- [Exercise input]
______________________________
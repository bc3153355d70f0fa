-- ===== src/Ledger/Trace.antt =====
-- The first loop of `derive` in crates/cc-ledger/src/v1/authority.rs on a governed ledger.
use clockchain.Prelude.{
  ℕ, ◌≡◌, refl, ap, ◌∙◌, inl, inr, true, false, Option, none, some, List, [], ◌∷◌, arith,
  Option-cases, nat_key,
}
use clockchain.Prelude.Table.{lookup, contains_key}
use clockchain.Prelude.Ordered.{set_insert, set_contains}
use clockchain.Wire.{Hash}
use clockchain.Wire.Signed.{Crypto, Signed}
use clockchain.Ledger.{Events, parents_of, any_absent}
use clockchain.Ledger.Authority.{
  Grant, Lineages, set_union, gather, path_of, register, trace, traced,
}
use clockchain.Ledger.Search.{Reaches, here, there}
use clockchain.Ledger.Order.{any_absent-taken, key_held}
use clockchain.Ledger.Totals.{Returns}
use clockchain.Ledger.Governed.{Makes, IsGoverned}
use clockchain.Ledger.Lineage.{IsLineage, Traces, plain-Traces, granting-Traces}

module _ {SecretKey : Type 0} (crypto : Crypto SecretKey) (valid : Events) where
  traced-Reaches :
      (l : Lineages) (p y : Hash)
      → IsLineage crypto valid l
      → traced p l ≡ true
      → Reaches valid p y
      → traced y l ≡ true
  traced-Reaches l p _ inv known here = known
  traced-Reaches l p _ inv known (there {x} {e} {p = q} r held m) =
      inv.closed x e q (traced-Reaches l p x inv known r) held m

  gather-Returns :
      (ps : List Hash) (ancestors : List (Hash × List Hash)) (past : List Hash)
      → ((p : Hash) → set_contains p ps ≡ true → contains_key p ancestors ≡ true)
      → Returns (gather ps ancestors past)
  unfolding gather set_contains
  gather-Returns [] ancestors past h = (past, refl)
  gather-Returns (p ∷ ps) ancestors past h =
      let (earlier, held) = key_held p ancestors (h p (ground arith)) in
      let (all, eq) =
        gather-Returns ps ancestors (set_union past earlier) (λ q m. h q (ground (arith, m))) in
      (all, rw held eq)

  path_of-Returns :
      (issuer : Option Hash) (lineage : List (Hash × List Hash))
      → ((i : Hash) → issuer ≡ some i → contains_key i lineage ≡ true)
      → Returns (path_of issuer lineage)
  unfolding path_of
  path_of-Returns none lineage h = ([], refl)
  path_of-Returns (some i) lineage h = key_held i lineage (h i refl)

  issuer_known :
      (rank : Hash → ℕ) (id : Hash) (e : Signed) (g : Hash) (grant : Grant) (i : Hash)
      (l : Lineages)
      → IsGoverned crypto valid rank
      → lookup id valid ≡ some e
      → IsLineage crypto valid l
      → any_absent traced (parents_of e) l ≡ false
      → Makes crypto valid id e g grant
      → grant.issuer ≡ some i
      → contains_key i l.lineage ≡ true
  issuer_known rank id e g grant i l gov held inv ready makes issuer =
      let (p, y, f, given, m, reach, y_held, y_makes) =
        gov.issued id e g grant i held makes issuer in
      let p_traced = any_absent-taken traced (parents_of e) l p ready m in
      inv.made y f i given (traced-Reaches l p y inv p_traced reach) y_held y_makes

  pub trace-Returns :
      (rank : Hash → ℕ) (id : Hash) (e : Signed) (l : Lineages)
      → IsGoverned crypto valid rank
      → lookup id valid ≡ some e
      → IsLineage crypto valid l
      → traced id l ≡ false
      → any_absent traced (parents_of e) l ≡ false
      → (l' : Lineages) × (trace crypto id e l ≡ some l') × Traces crypto valid id l l'
  unfolding trace register
  trace-Returns rank id e l gov held inv new ready =
      let parents = λ (p : Hash) (m : set_contains p (parents_of e) ≡ true).
        any_absent-taken traced (parents_of e) l p ready m in
      let (past, past_eq) = gather-Returns (parents_of e) l.ancestors (id ∷ []) parents in
      let (m, made_eq) = gov.complete id e held in
      elim (Option-cases m) [
        | inl none_ ↦
            let eq = made_eq ∙ ap some none_ in
            (
              _,
              rw past_eq (rw eq refl),
              plain-Traces crypto valid id e past l held inv ready eq new,
            )
        | inr ((g, grant), some_) ↦
            let eq = made_eq ∙ ap some some_ in
            let issuers = λ (i : Hash) (issuer : grant.issuer ≡ some i).
              issuer_known rank id e g grant i l gov held inv ready eq issuer in
            let (path, path_eq) = path_of-Returns grant.issuer l.lineage issuers in
            (
              _,
              rw past_eq (rw eq (rw path_eq refl)),
              granting-Traces crypto valid id e past (set_insert g path) g grant l held inv ready eq
                  issuers new,
            )
      ]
______________________________
- [Work instructions]
Every line above in which the word "granting" occurs needs to be copied.

- [Solution to this task]
use clockchain.Ledger.Lineage.{IsLineage, Traces, plain-Traces, granting-Traces}
              granting-Traces crypto valid id e past (set_insert g path) g grant l held inv ready eq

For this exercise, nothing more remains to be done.